Le monache di Candia
L’Isola di Candia è la maggiore delle sette grandi isole del Mediterraneo ed era venuta in possesso dei Veneziani nel 1204 avendola questi comperata dal Marchese di Monferrato. Povera di grano, ma ricca e feconda di olivi, di viti, di fruta, di pascoli, di ogni specie di erbe odorose e medicinali, per i suoi alti monti sembra una rocca circondata dal mare e conta porti spaziosi e altrettanto sicuri. Per la sua bellezza, ma più specialmente per la sua posizione strategica, i Turchi da lungo tempo accarezzavano l’idea di possederla e fu il Sultano Ibrahim che pensò nel 1647 di dare esecuzione al famoso progetto dei suoi padri.
Il 30 aprile di questo stesso anno usciva dai Dardanelli la fomidabile flotta ottomana composta di ben quattrocento vele con a bordo cinquantamila conbattenti e faceva rotta verso l’Isola di Candia con la speranza di poterla occupar di sorpresa. Ma la Repubblica vegliava e cominciò allora per essa questa sfortunata, ma gloriosa guerra di Candia durata per ventiquattro anni, in cui la Serenissima offrì all’Europa tutta se stessa, le sue galere, il suo tesoro, il suo nobile sangue in olocausto, mentre l’Europa cristiana guardava indiferrente o dava pochi, inefficaci soccorsi, al sacrificio eternamente memorando di Venezia.
In quel succedersi di battaglie e di stragi, sier Andrea Corner, provveditore generale dell’isola, pensò subito di mettere in salvo le monache, le più esposte all’ira e alla crudeltà turca, e con le loro robe che poterono in fretta raccogliere le fece imbarcare su due galere mercantili che salpavano da Ierapetra dirette verso le lagune.

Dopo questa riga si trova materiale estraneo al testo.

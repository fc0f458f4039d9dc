-- ===== src/Controller.antt =====
-- internal/controller/annotationschedulerule_controller.go: what the reconciler and the executor of
-- tasks share. Everything that is no part of the repository is a field of `Environment`.
pub mod Retries
pub mod Actions
pub mod Executor
pub mod Reconcile
pub mod Setup
pub mod Cycle
use dynamic_annotation_contr.Base.{
  ℕ, ◌+◌, ◌/◌, ◌==◌, Bool, true, false, Option, none, some, if◌then◌else◌, Bytes,
}
use dynamic_annotation_contr.Api.{Time, Rule}
use dynamic_annotation_contr.Client.{Client, Result}
use dynamic_annotation_contr.Validator.{AnnotationValidator}
use dynamic_annotation_contr.Template.{TimeTexts}
use dynamic_annotation_contr.Operation.{Policies}
use dynamic_annotation_contr.Schedule.{Cron}
use dynamic_annotation_contr.Scheduler.{SchedulerState, NamespacedName}
use dynamic_annotation_contr.Cache.{SelectorText}
use dynamic_annotation_contr.RateLimiter.{TokenBucket}
use dynamic_annotation_contr.Errors.{ErrorTests, RetryConfig, RetryError, retry_with_backoff}
use dynamic_annotation_contr.Manager.Groups.{SortSlice}
use dynamic_annotation_contr.Manager.Discovery.{Services, QueryTimes}
use dynamic_annotation_contr.Manager.Annotations.{WriteTimes, Auditing}

-- The client on rules: Get by namespace and name, Update, and Status().Update.
pub record RuleClient (W E : Type 0) : Type 0 where
  pub get_rule : Bytes → Bytes → W → Result E Rule × W
  pub update_rule : Rule → W → Option E × W
  pub update_status : Rule → W → Option E × W

-- The functions of controllerutil on the finalizer of the controller.
pub record Finalizers : Type 0 where
  pub contains_finalizer : Rule → Bool
  pub add_finalizer : Rule → Rule
  pub remove_finalizer : Rule → Rule

-- The libraries and the clock. `now` is a reading in a state of the world; `query_times` and
-- `write_times` are the readings in a query and in a write that begin in it; `wait` is the wait
-- before an attempt, which tells whether the context was cancelled.
pub record Environment (W E S L C : Type 0) (F : Type 0) : Type 0 where
  pub client : Client W E
  pub auditing : Auditing W E
  pub rules : RuleClient W E
  pub finalizers : Finalizers
  pub cron : Cron S
  pub namespaced_name : NamespacedName
  pub sort : SortSlice
  pub texts : SelectorText
  pub bucket : TokenBucket L C F
  pub ctx : C
  pub now : W → Time
  pub query_times : W → QueryTimes
  pub write_times : W → WriteTimes
  pub wait : ℕ → W → Bool × W
  pub time_texts : Time → TimeTexts

pub record ExecutionMetrics : Type 0 where
  pub total_executions : ℕ
  pub successful_executions : ℕ
  pub failed_executions : ℕ
  pub last_execution_time : Option Time
  pub average_execution_time : ℕ

record_metrics : Bool → ℕ → Time → ExecutionMetrics → ExecutionMetrics
record_metrics success duration now m = record m {
  total_executions = m.total_executions + 1;
  last_execution_time = some now;
  successful_executions = if success then m.successful_executions + 1 else m.successful_executions;
  failed_executions = if success then m.failed_executions else m.failed_executions + 1;
  average_execution_time =
      if m.average_execution_time == 0 then duration else (m.average_execution_time + duration) / 2;
}

-- GetMetrics
unfoldable get_metrics : ExecutionMetrics → ℕ × ℕ × ℕ × Option Time × ℕ
get_metrics m = (
  m.total_executions, m.successful_executions, m.failed_executions, m.last_execution_time,
  m.average_execution_time,
)

-- What the reconciler and its executor work on; none is a nil pointer.
pub record State (W L : Type 0) : Type 0 where
  pub world : W
  pub services : Services L
  pub scheduler : SchedulerState
  pub metrics : Option ExecutionMetrics

-- The fields of the reconciler that no operation changes.
pub record Settings : Type 0 where
  pub error_handler : Option RetryConfig
  pub has_recovery_manager : Bool
  pub policies : Policies
  pub security_validator : Option AnnotationValidator
  pub has_audit_logger : Bool

-- An error as the operation gave it, or as the retry loop wraps it.
pub data Failure (X : Type 0) : Type 0 where
  direct : X → Failure X
  retried : RetryError X → Failure X

module _ {W E S L C F : Type 0} (env : Environment W E S L C F) where
  -- the wait, on the state and the variable that the operation assigns to
  pub wait_state : {A : Type 0} → ℕ → A × State W L → Bool × (A × State W L)
  wait_state n (a, s) =
      let (stopped, w) = env.wait n s.world in (stopped, (a, record s { world = w }))

  -- An operation that assigns to a variable, under RetryWithBackoff where there is an error handler,
  -- once where there is none. The variable starts as `a`.
  unfoldable pub attempt :
      {X A : Type 0}
      → ErrorTests X
      → Option RetryConfig
      → (State W L → Option X × (A × State W L))
      → A
      → State W L
      → Option (Failure X) × (A × State W L)
  attempt tests handler operation a s = elim handler [
    | none ↦
        let (failure, result) = operation s in
        (elim failure [ none ↦ none | some e ↦ some (direct e) ], result)
    | some config ↦
        let (failure, result) =
          retry_with_backoff tests config (λ p. operation p.1) wait_state (a, s) in
        (elim failure [ none ↦ none | some e ↦ some (retried e) ], result)
  ]
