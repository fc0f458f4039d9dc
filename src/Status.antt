-- ===== src/Status.antt =====
-- internal/controller/annotationschedulerule_controller.go: what the controller records in the
-- status of a rule. The clock's reading is an argument; the conditions are a list as in the status.
pub mod Laws
use dynamic_annotation_contr.Base.{
  ℕ, ◌+◌, ◌≡◌, Bool, true, false, not, ◌&&◌, Option, none, some, List, [], ◌∷◌, ◌++◌, if◌then◌else◌,
  Bytes, codes, str_eq,
}
use dynamic_annotation_contr.Api.{
  Time, Condition, ConditionStatus, condition_true, condition_false, condition_unknown, RuleStatus,
}

abbrev same_status : ConditionStatus → ConditionStatus → Bool
same_status condition_true condition_true = true
same_status condition_false condition_false = true
same_status condition_unknown condition_unknown = true
same_status _ _ = false

-- The conditions after setCondition has set this one.
pub set_condition : Condition → List Condition → List Condition
set_condition condition [] = condition ∷ []
set_condition condition (existing ∷ rest) =
    let others = set_condition condition rest in
    if str_eq existing.type condition.type
    then (if same_status existing.status condition.status
        then record existing {
          message = condition.message;
          last_transition_time = condition.last_transition_time;
        }
        else condition)
      ∷ rest
    else existing ∷ others

-- the condition that a phase stands for
unfoldable pub condition_of_phase : Bytes → Bytes → Time → Condition
condition_of_phase phase message now =
    if str_eq phase (codes "failed")
    then record {
      type = codes "Ready";
      status = condition_false;
      reason = codes "RuleFailed";
      message = message;
      last_transition_time = now;
    }
    else if str_eq phase (codes "active")
    then record {
      type = codes "Ready";
      status = condition_true;
      reason = codes "RuleActive";
      message = message;
      last_transition_time = now;
    }
    else if str_eq phase (codes "completed")
    then record {
      type = codes "Ready";
      status = condition_true;
      reason = codes "RuleCompleted";
      message = message;
      last_transition_time = now;
    }
    else record {
      type = codes "Ready";
      status = condition_unknown;
      reason = codes "RulePending";
      message = message;
      last_transition_time = now;
    }

unfoldable pub update_rule_status : Bytes → Bytes → Time → RuleStatus → RuleStatus
update_rule_status phase message now status = record status {
  phase = phase;
  conditions = set_condition (condition_of_phase phase message now) status.conditions;
}

-- The texts that `fmt.Sprintf` makes of an error, and of the error and the action.
pub record ErrorTexts : Type 0 where
  pub text : Bytes
  pub executed_message : Bytes
  pub error_message : Bytes

-- The change of the status in updateRuleStatusAfterExecution. `failure` is nil or the texts of the
-- error; `message` is the text for a success, with the number of resources; the two conditions are
-- set at `now` and `later`.
unfoldable pub record_execution :
    Option ErrorTexts → Bytes → ℕ → Time → Time → Time → RuleStatus → RuleStatus
record_execution failure message affected execution_time now later status = elim failure [
  | some e ↦ record status {
    last_execution_time = some execution_time;
    affected_resources = affected;
    execution_count = status.execution_count + 1;
    failed_executions = status.failed_executions + 1;
    last_error = e.text;
    last_error_time = some execution_time;
    conditions =
        set_condition
          (record {
            type = codes "Error";
            status = condition_true;
            reason = codes "ExecutionFailed";
            message = e.error_message;
            last_transition_time = later;
          })
          (set_condition
            (record {
              type = codes "Executed";
              status = condition_false;
              reason = codes "ExecutionFailed";
              message = e.executed_message;
              last_transition_time = now;
            })
            status.conditions);
  }
  | none ↦ record status {
    last_execution_time = some execution_time;
    affected_resources = affected;
    execution_count = status.execution_count + 1;
    successful_executions = status.successful_executions + 1;
    last_error = [];
    last_error_time = none;
    conditions =
        set_condition
          (record {
            type = codes "Error";
            status = condition_false;
            reason = codes "ExecutionSucceeded";
            message = codes "No execution errors";
            last_transition_time = later;
          })
          (set_condition
            (record {
              type = codes "Executed";
              status = condition_true;
              reason = codes "ExecutionSucceeded";
              message = message;
              last_transition_time = now;
            })
            status.conditions);
  }
]
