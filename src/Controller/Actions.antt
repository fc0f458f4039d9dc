-- ===== src/Controller/Actions.antt =====
-- The actions of TaskExecutor in internal/controller/annotationschedulerule_controller.go: what
-- executeApplyAction and executeRemoveAction write for a task, and the errors of a task.
pub mod Owned
pub mod Groups
use dynamic_annotation_contr.Base.{
  not, ℕ, ◌+◌, Bool, true, false, Option, none, some, List, [], ◌∷◌, if◌then◌else◌, length,
  is_empty, Bytes, codes, str_eq,
}
use dynamic_annotation_contr.Api.{Time, Object}
use dynamic_annotation_contr.Client.{ok, err}
use dynamic_annotation_contr.Audit.{
  AuditSink, RuleInfo, log_annotation_apply, log_annotation_remove,
}
use dynamic_annotation_contr.Template.{TemplateContext}
use dynamic_annotation_contr.Scheduler.{ScheduledTask}
use dynamic_annotation_contr.Status.{ErrorTexts}
use dynamic_annotation_contr.Errors.{ErrorTests}
use dynamic_annotation_contr.Manager.Legacy.{keys_of}
use dynamic_annotation_contr.Manager.Groups.{GroupResult, GroupFailure, no_error}
use dynamic_annotation_contr.Manager.Discovery.{QueryError, get_matching_resources}
use dynamic_annotation_contr.Manager.Annotations.{
  WriteError, apply_annotations, remove_annotations, apply_annotation_groups,
  remove_annotation_groups,
}
use dynamic_annotation_contr.Controller.{Environment, Settings, State, Failure, attempt}

pub data TaskError (E F : Type 0) : Type 0 where
  unknown_action : Bytes → TaskError E F
  groups_failed find_failed : Failure (QueryError F) → TaskError E F
  group_failed : GroupFailure E → TaskError E F
  write_failed : Failure (WriteError F) → TaskError E F

-- the errors of one attempt to update the status
pub data StatusError (E : Type 0) : Type 0 where
  fetch_failed update_failed : E → StatusError E

-- What the error handler asks of the errors that reach it, and the texts of the errors.
pub record TaskTests (E F : Type 0) : Type 0 where
  pub on_query : ErrorTests (QueryError F)
  pub on_write : ErrorTests (WriteError F)
  pub on_task : ErrorTests (TaskError E F)
  pub on_status : ErrorTests (StatusError E)
  pub failed_texts : Failure (TaskError E F) → Bytes → ErrorTexts
  pub success_text : ℕ → Bytes
  pub write_text : Failure (WriteError F) → Bytes

-- the sum of ResourcesAffected, and the error of the first group that failed with one
unfoldable total_affected : {E : Type 0} → List (GroupResult E) → ℕ
total_affected [] = 0
total_affected (r ∷ rs) = r.resources_affected + total_affected rs

first_failure : {E F : Type 0} → List (GroupResult E) → Option (TaskError E F)
first_failure [] = none
first_failure (r ∷ rs) =
    let later = first_failure rs in
    if r.success then later else elim r.error [ no_error ↦ later | e ↦ some (group_failed e) ]

-- what the auditor is told of the rule of a task
abbrev task_info : ScheduledTask → RuleInfo
task_info task = record {
  rule_id = task.rule_id;
  rule_name = task.rule_name;
  rule_namespace = task.rule_namespace;
}

-- The loops that audit the resources, each with the error of the whole write.
unfoldable pub audit_applied :
    {W : Type 0} → AuditSink W → ScheduledTask → List Object → Bool → Option Bytes → W → W
audit_applied sink task [] success error w = w
audit_applied sink task (resource ∷ rest) success error w =
    audit_applied sink task rest success error
      (log_annotation_apply sink (task_info task) resource task.annotations success error w)

unfoldable audit_removed :
    {W : Type 0} → AuditSink W → ScheduledTask → List Object → Bool → Option Bytes → W → W
audit_removed sink task [] success error w = w
audit_removed sink task (resource ∷ rest) success error w =
    audit_removed sink task rest success error (
      log_annotation_remove sink (task_info task) resource (keys_of task.annotations) success error
        w)

module _ {W E S L C F : Type 0} (env : Environment W E S L C F) (settings : Settings)
    (tests : TaskTests E F) where
  open env use {client, auditing, texts, bucket, ctx, sort}

  unfoldable build_template_context : ScheduledTask → Time → TemplateContext
  build_template_context task now = record {
    variables = task.template_variables;
    resource = none;
    rule_name = task.rule_name;
    rule_namespace = task.rule_namespace;
    rule_id = task.rule_id;
    execution_time = env.time_texts now;
    action = task.action;
  }

  -- the resource manager's operations, on the state of the controller
  unfoldable pub find_resources :
      ScheduledTask → State W L → Option (QueryError F) × (List Object × State W L)
  find_resources task s =
      let (found, services, world) =
        get_matching_resources client texts bucket ctx task.selector task.target_resources
          task.rule_namespace (env.query_times s.world) s.services s.world in
      let s' : State W L = record s { services = services; world = world } in
      elim found [ ok resources ↦ (none, (resources, s')) | err e ↦ (some e, ([], s')) ]

  pub apply_groups_of :
      ScheduledTask → State W L → Option (QueryError F) × (List (GroupResult E) × State W L)
  apply_groups_of task s =
      let resolution =
        if is_empty task.conflict_resolution then codes "priority" else task.conflict_resolution in
      let (results, services, world) =
        apply_annotation_groups client texts bucket ctx sort settings.policies task.selector
          task.annotation_groups task.target_resources task.rule_namespace task.rule_id
          (build_template_context task (env.now s.world)) resolution (env.query_times s.world)
          s.services s.world in
      let s' : State W L = record s { services = services; world = world } in
      elim results [ ok rs ↦ (none, (rs, s')) | err e ↦ (some e, ([], s')) ]

  remove_groups_of :
      ScheduledTask → State W L → Option (QueryError F) × (List (GroupResult E) × State W L)
  remove_groups_of task s =
      let (results, services, world) =
        remove_annotation_groups client texts bucket ctx task.selector task.annotation_groups
          task.target_resources task.rule_namespace task.rule_id (env.query_times s.world)
          s.services s.world in
      let s' : State W L = record s { services = services; world = world } in
      elim results [ ok rs ↦ (none, (rs, s')) | err e ↦ (some e, ([], s')) ]

  pub apply_legacy : ScheduledTask → State W L → Option (WriteError F) × (Unit {0} × State W L)
  apply_legacy task s =
      let (failure, services, world) =
        apply_annotations client texts bucket ctx auditing settings.policies.validator task.selector
          task.annotations task.target_resources task.rule_namespace task.rule_id
          (env.write_times s.world) s.services s.world in
      (failure, (tt, record s { services = services; world = world }))

  remove_legacy : ScheduledTask → State W L → Option (WriteError F) × (Unit {0} × State W L)
  remove_legacy task s =
      let (failure, services, world) =
        remove_annotations client texts bucket ctx auditing task.selector (keys_of task.annotations)
          task.target_resources task.rule_namespace task.rule_id (env.write_times s.world)
          s.services s.world in
      (failure, (tt, record s { services = services; world = world }))

  -- The first part of executeApplyAction and executeRemoveAction: the annotation groups of the task.
  pub execute_groups :
      (State W L → Option (QueryError F) × (List (GroupResult E) × State W L))
      → State W L
      → Option (TaskError E F) × (ℕ × State W L)
  execute_groups operation s =
      let (failure, (results, s')) =
        attempt env tests.on_query settings.error_handler operation [] s in
      (
        elim failure [ some e ↦ some (groups_failed e) | none ↦ first_failure results ],
        (total_affected results, s'),
      )

  -- The other part, for the legacy annotations: the resources are counted, then written, and then
  -- audited by `audit`, where there is an audit logger.
  unfoldable pub execute_legacy :
      ScheduledTask
      → (State W L → Option (WriteError F) × (Unit {0} × State W L))
      → (List Object → Bool → Option Bytes → W → W)
      → State W L
      → Option (TaskError E F) × (ℕ × State W L)
  execute_legacy task operation audit s =
      let (failure, (resources, s₁)) =
        attempt env tests.on_query settings.error_handler (find_resources task) [] s in
      let (write_failure, (nothing, s₂)) =
        attempt env tests.on_write settings.error_handler operation tt s₁ in
      let world : W = elim write_failure [
        | none ↦ audit resources true none s₂.world
        | some e ↦ audit resources false (some (tests.write_text e)) s₂.world
      ] in
      let s₃ : State W L = if settings.has_audit_logger then record s₂ { world = world } else s₂ in
      elim failure [
        | some e ↦ (some (find_failed e), (0, s₁))
        | none ↦ if is_empty resources then (none, (0, s₁)) else (
          elim write_failure [ none ↦ none | some e ↦ some (write_failed e) ],
          (length resources, s₃),
        )
      ]

  unfoldable pub execute_apply_action :
      ScheduledTask → State W L → Option (TaskError E F) × (ℕ × State W L)
  execute_apply_action task s =
      if not (is_empty task.annotation_groups)
      then execute_groups (apply_groups_of task) s
      else if not (is_empty task.annotations)
      then execute_legacy task (apply_legacy task) (audit_applied auditing.sink task) s
      else (none, (0, s))

  pub execute_remove_action : ScheduledTask → State W L → Option (TaskError E F) × (ℕ × State W L)
  execute_remove_action task s =
      if not (is_empty task.annotation_groups)
      then execute_groups (remove_groups_of task) s
      else if not (is_empty task.annotations)
      then execute_legacy task (remove_legacy task) (audit_removed auditing.sink task) s
      else (none, (0, s))

  -- the `switch` on the action
  unfoldable pub execute_action :
      ScheduledTask → State W L → Option (TaskError E F) × (ℕ × State W L)
  execute_action task s =
      if str_eq task.action (codes "apply")
      then execute_apply_action task s
      else if str_eq task.action (codes "remove")
      then execute_remove_action task s
      else (some (unknown_action task.action), (0, s))
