-- ===== src/Controller/Actions/Groups.antt =====
-- What it means that the annotation groups of a task end without an error.
use dynamic_annotation_contr.Base.{◌⊎◌, ◌≡◌, true, Option, none, List, [], ◌∷◌, arith, All}
use dynamic_annotation_contr.Manager.Groups.{GroupResult, no_error}
use dynamic_annotation_contr.Controller.{Environment, Settings, State, attempt}
use dynamic_annotation_contr.Manager.Discovery.{QueryError}
use dynamic_annotation_contr.Controller.Actions.{TaskTests, first_failure, execute_groups}

module _ {W E S L C F : Type 0} (env : Environment W E S L C F) (settings : Settings)
    (tests : TaskTests E F) where
  groups_succeed :
      (results : List (GroupResult E))
      → first_failure {F = F} results ≡ none
      → All (λ r. (r.success ≡ true) ⊎ (r.error ≡ no_error)) results
  unfolding first_failure
  groups_succeed [] h = tt
  groups_succeed (r ∷ rs) h = grind (arith, groups_succeed rs)

  -- If the execution of annotation groups ends without an error, the last attempt was answered, and
  -- each of its groups has succeeded or has left no error.
  execute_groups_lem :
      (operation : State W L → Option (QueryError F) × (List (GroupResult E) × State W L))
      (s : State W L)
      → (execute_groups env settings tests operation s).0 ≡ none
      → let (failure, (results, s')) =
          attempt env tests.on_query settings.error_handler operation [] s in
        (failure ≡ none) × All (λ r. (r.success ≡ true) ⊎ (r.error ≡ no_error)) results
  unfolding execute_groups
  execute_groups_lem operation s h =
      grind (
        arith,
        groups_succeed (attempt env tests.on_query settings.error_handler operation [] s).1.0,
      )
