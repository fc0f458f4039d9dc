-- ===== src/Controller/Retries.antt =====
-- What holds of an operation holds of the operation under retries.
use dynamic_annotation_contr.Base.{◌+◌, ℕ, zero, suc, ◌≡◌, Bool, Option, none, some, arith}
use dynamic_annotation_contr.Errors.{
  ErrorTests, RetryConfig, attempts_from, retry_with_backoff, retry_with_backoff_and_condition,
  should_retry,
}
use dynamic_annotation_contr.Controller.{Environment, State, wait_state, attempt}

module _ {W X : Type 0} (P : W → Type 0) (operation : W → Option X × W) (wait : ℕ → W → Bool × W)
    (retry : X → ℕ → Bool) (operation_keeps : (w : W) → P w → P (operation w).1)
    (wait_keeps : (n : ℕ) (w : W) → P w → P (wait n w).1) where
  attempts_from-keeps :
      (total left attempt : ℕ) (w : W)
      → P w
      → P (attempts_from operation wait retry total left attempt w).1
  unfolding attempts_from
  attempts_from-keeps total zero attempt w h = grind (arith, operation_keeps w h)
  attempts_from-keeps total (suc left) attempt w h = grind (
    arith,
    operation_keeps w h,
    wait_keeps (suc attempt) (operation w).1,
    attempts_from-keeps total left (suc attempt) (wait (suc attempt) (operation w).1).1,
  )

  module _ (R : W → Type 0)
      (operation_ends : (w : W) → P w → (operation w).0 ≡ none → R (operation w).1) where
    attempts_from-ends :
        (total left attempt : ℕ) (w : W)
        → P w
        → (attempts_from operation wait retry total left attempt w).0 ≡ none
        → R (attempts_from operation wait retry total left attempt w).1
    unfolding attempts_from
    attempts_from-ends total zero attempt w h e = grind (arith, operation_ends w h)
    attempts_from-ends total (suc left) attempt w h e = grind (
      arith,
      operation_ends w h,
      operation_keeps w h,
      wait_keeps (suc attempt) (operation w).1,
      attempts_from-ends total left (suc attempt) (wait (suc attempt) (operation w).1).1,
    )

module _ {W E S L C F X A : Type 0} (env : Environment W E S L C F) (tests : ErrorTests X)
    (operation : State W L → Option X × (A × State W L)) (Q : State W L → Type 0)
    (operation_keeps : (s : State W L) → Q s → Q (operation s).1.1)
    (world_keeps : (s : State W L) (w : W) → Q s → Q (record s { world = w })) where
  -- What the operation and a change of the cluster leave true, the operation under retries does.
  pub attempt-keeps :
      (handler : Option RetryConfig) (a : A) (s : State W L)
      → Q s
      → Q (attempt env tests handler operation a s).1.1
  unfolding attempt retry_with_backoff retry_with_backoff_and_condition wait_state
  attempt-keeps none a s h = operation_keeps s h
  attempt-keeps (some config) a s h =
      attempts_from-keeps (λ p. Q p.1) (λ p. operation p.1) (wait_state env)
        (should_retry tests config) (λ p. operation_keeps p.1)
        (λ n p. world_keeps p.1 (env.wait n p.1.world).1) (config.max_retries + 1)
        config.max_retries 0 (a, s) h

  -- What each run that succeeds ends in, the operation under retries ends in if it succeeds.
  pub attempt-ends :
      (R : A × State W L → Type 0)
      → ((s : State W L) → Q s → (operation s).0 ≡ none → R (operation s).1)
      → (handler : Option RetryConfig) (a : A) (s : State W L) → Q s
      → (attempt env tests handler operation a s).0 ≡ none
      → R (attempt env tests handler operation a s).1
  unfolding attempt retry_with_backoff retry_with_backoff_and_condition wait_state
  attempt-ends R ends none a s h e = ends s h (ground arith)
  attempt-ends R ends (some config) a s h e =
      attempts_from-ends (λ p. Q p.1) (λ p. operation p.1) (wait_state env)
        (should_retry tests config) (λ p. operation_keeps p.1)
        (λ n p. world_keeps p.1 (env.wait n p.1.world).1) R (λ p. ends p.1) (config.max_retries + 1)
        config.max_retries 0 (a, s) h (ground arith)

attempts_from-first :
    {W X : Type 0} (operation : W → Option X × W) (wait : ℕ → W → Bool × W) (retry : X → ℕ → Bool)
    (total left attempt : ℕ) (w : W)
    → (operation w).0 ≡ none
    → attempts_from operation wait retry total left attempt w ≡ (none, (operation w).1)
unfolding attempts_from
attempts_from-first operation wait retry total zero attempt w h = ground arith
attempts_from-first operation wait retry total (suc left) attempt w h = ground arith

-- An operation that succeeds at once is not tried again.
pub attempt-first :
    {W E S L C F X A : Type 0} (env : Environment W E S L C F) (tests : ErrorTests X)
    (operation : State W L → Option X × (A × State W L)) (handler : Option RetryConfig) (a : A)
    (s : State W L)
    → (operation s).0 ≡ none
    → attempt env tests handler operation a s ≡ (none, (operation s).1)
unfolding attempt retry_with_backoff retry_with_backoff_and_condition wait_state
attempt-first env tests operation none a s h = ground arith
attempt-first env tests operation (some config) a s h = grind (
  arith,
  attempts_from-first (λ (p : _ × _). operation p.1) (wait_state env) (should_retry tests config)
      (config.max_retries + 1) config.max_retries 0 (a, s) h,
)
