-- ===== src/Controller/Actions/Owned.antt =====
-- The writes of a task leave the table of tasks and the metrics to the controller.
use dynamic_annotation_contr.Base.{Bool, ◌≡◌, Option, List, [], arith, Bytes}
use dynamic_annotation_contr.Api.{Object}
use dynamic_annotation_contr.Scheduler.{SchedulerState, ScheduledTask}
use dynamic_annotation_contr.Manager.Groups.{GroupResult}
use dynamic_annotation_contr.Controller.{
  ErrorTests, Environment, Settings, State, ExecutionMetrics, attempt,
}
use dynamic_annotation_contr.Controller.Retries.{attempt-keeps}
use dynamic_annotation_contr.Manager.Annotations.{WriteError}
use dynamic_annotation_contr.Manager.Discovery.{QueryError}
use dynamic_annotation_contr.Controller.Actions.{
  audit_applied, audit_removed, TaskTests, find_resources, apply_groups_of, remove_groups_of,
  apply_legacy, remove_legacy, execute_groups, execute_legacy, execute_apply_action,
  execute_remove_action, execute_action,
}

module _ {W E S L C F : Type 0} (env : Environment W E S L C F) (settings : Settings)
    (tests : TaskTests E F) where
  -- The table of tasks and the metrics are these.
  abbrev pub Own : SchedulerState → Option ExecutionMetrics → State W L → Type 0
  Own scheduler metrics s = (s.scheduler ≡ scheduler) × (s.metrics ≡ metrics)

  module _ (scheduler : SchedulerState) (metrics : Option ExecutionMetrics) where
    -- An operation of the resource manager keeps what is the controller's own.
    abbrev pub Keeps : {X A : Type 0} → (State W L → Option X × (A × State W L)) → Type 0
    Keeps operation =
        (t : State W L) → Own scheduler metrics t → Own scheduler metrics (operation t).1.1

    pub attempt-Own :
        {X A : Type 0} (about : ErrorTests X) (operation : State W L → Option X × (A × State W L))
        (a : A)
        → Keeps operation
        → Keeps (attempt env about settings.error_handler operation a)
    attempt-Own about operation a keeps =
        attempt-keeps env about operation (Own scheduler metrics) keeps (λ t w h. h)
          settings.error_handler a

    execute_groups-Own :
        (operation : State W L → Option (QueryError F) × (List (GroupResult E) × State W L))
        → Keeps operation
        → Keeps (execute_groups env settings tests operation)
    unfolding execute_groups
    execute_groups-Own operation keeps = attempt-Own tests.on_query operation [] keeps

    find_resources-Own : (task : ScheduledTask) → Keeps (find_resources env settings tests task)
    unfolding find_resources
    find_resources-Own task s h = ground arith

    execute_legacy-Own :
        (task : ScheduledTask)
        (operation : State W L → Option (WriteError F) × (Unit {0} × State W L))
        (audit : List Object → Bool → Option Bytes → W → W)
        → Keeps operation
        → Keeps (execute_legacy env settings tests task operation audit)
    unfolding execute_legacy
    execute_legacy-Own task operation audit keeps s h = grind (
      arith,
      attempt-Own tests.on_query (find_resources env settings tests task) []
          (find_resources-Own task) s h,
      attempt-Own tests.on_write operation tt keeps
          (attempt env tests.on_query settings.error_handler
            (find_resources env settings tests task) [] s).1.1,
    )

    apply_groups_of-Own : (task : ScheduledTask) → Keeps (apply_groups_of env settings tests task)
    unfolding apply_groups_of
    apply_groups_of-Own task s h = ground arith

    remove_groups_of-Own : (task : ScheduledTask) → Keeps (remove_groups_of env settings tests task)
    unfolding remove_groups_of
    remove_groups_of-Own task s h = ground arith

    apply_legacy-Own : (task : ScheduledTask) → Keeps (apply_legacy env settings tests task)
    unfolding apply_legacy
    apply_legacy-Own task s h = ground arith

    remove_legacy-Own : (task : ScheduledTask) → Keeps (remove_legacy env settings tests task)
    unfolding remove_legacy
    remove_legacy-Own task s h = ground arith

    pub execute_action-Own : (task : ScheduledTask) → Keeps (execute_action env settings tests task)
    unfolding execute_action execute_apply_action execute_remove_action
    execute_action-Own task s h = ground (
      arith,
      execute_groups-Own (apply_groups_of env settings tests task) (apply_groups_of-Own task) s h,
      execute_groups-Own (remove_groups_of env settings tests task) (remove_groups_of-Own task) s h,
      execute_legacy-Own task (apply_legacy env settings tests task)
          (audit_applied env.auditing.sink task) (apply_legacy-Own task) s h,
      execute_legacy-Own task (remove_legacy env settings tests task)
          (audit_removed env.auditing.sink task) (remove_legacy-Own task) s h,
    )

Viaggio di angoscia; erano monache Benedettine, Agostiniane, Domenicane, lasciavano le loro chiese, i loro conventi, i campi e gli orti ubertosi, che forse non avrebbero più riveduto, ma in quel terribile scoraggiamento pensavano con fiducia a San Marco e speravano in lui, unica luce in tanta miseria.
Giunsero a Venezia il 6 novembre 1648 ed erano centoquarantadue tra giovani e vecchie; furono accolte dalla Signoria “con belle e buone parole” e nel pomeriggio di quel giorno il Senato decretava “essendo venute di Candia cento e quarantadue Monache, per loro sostentamento, finchè staranno in Venetia, oltre altri provvedimenti quali saranno presi, tutte le Scuole e Fragie paghino ogni anno, anticipatamente subito, un ducato valuta corrente“. Le offerte con nobile slancio vennero versate ai Provveditori sopra Monastieri e in quel primo momento le povere monache furono alloggiate nei vari conventi della città, ricevute con gran simpatia dalle consorelle e confortate nel loro immenso dolore.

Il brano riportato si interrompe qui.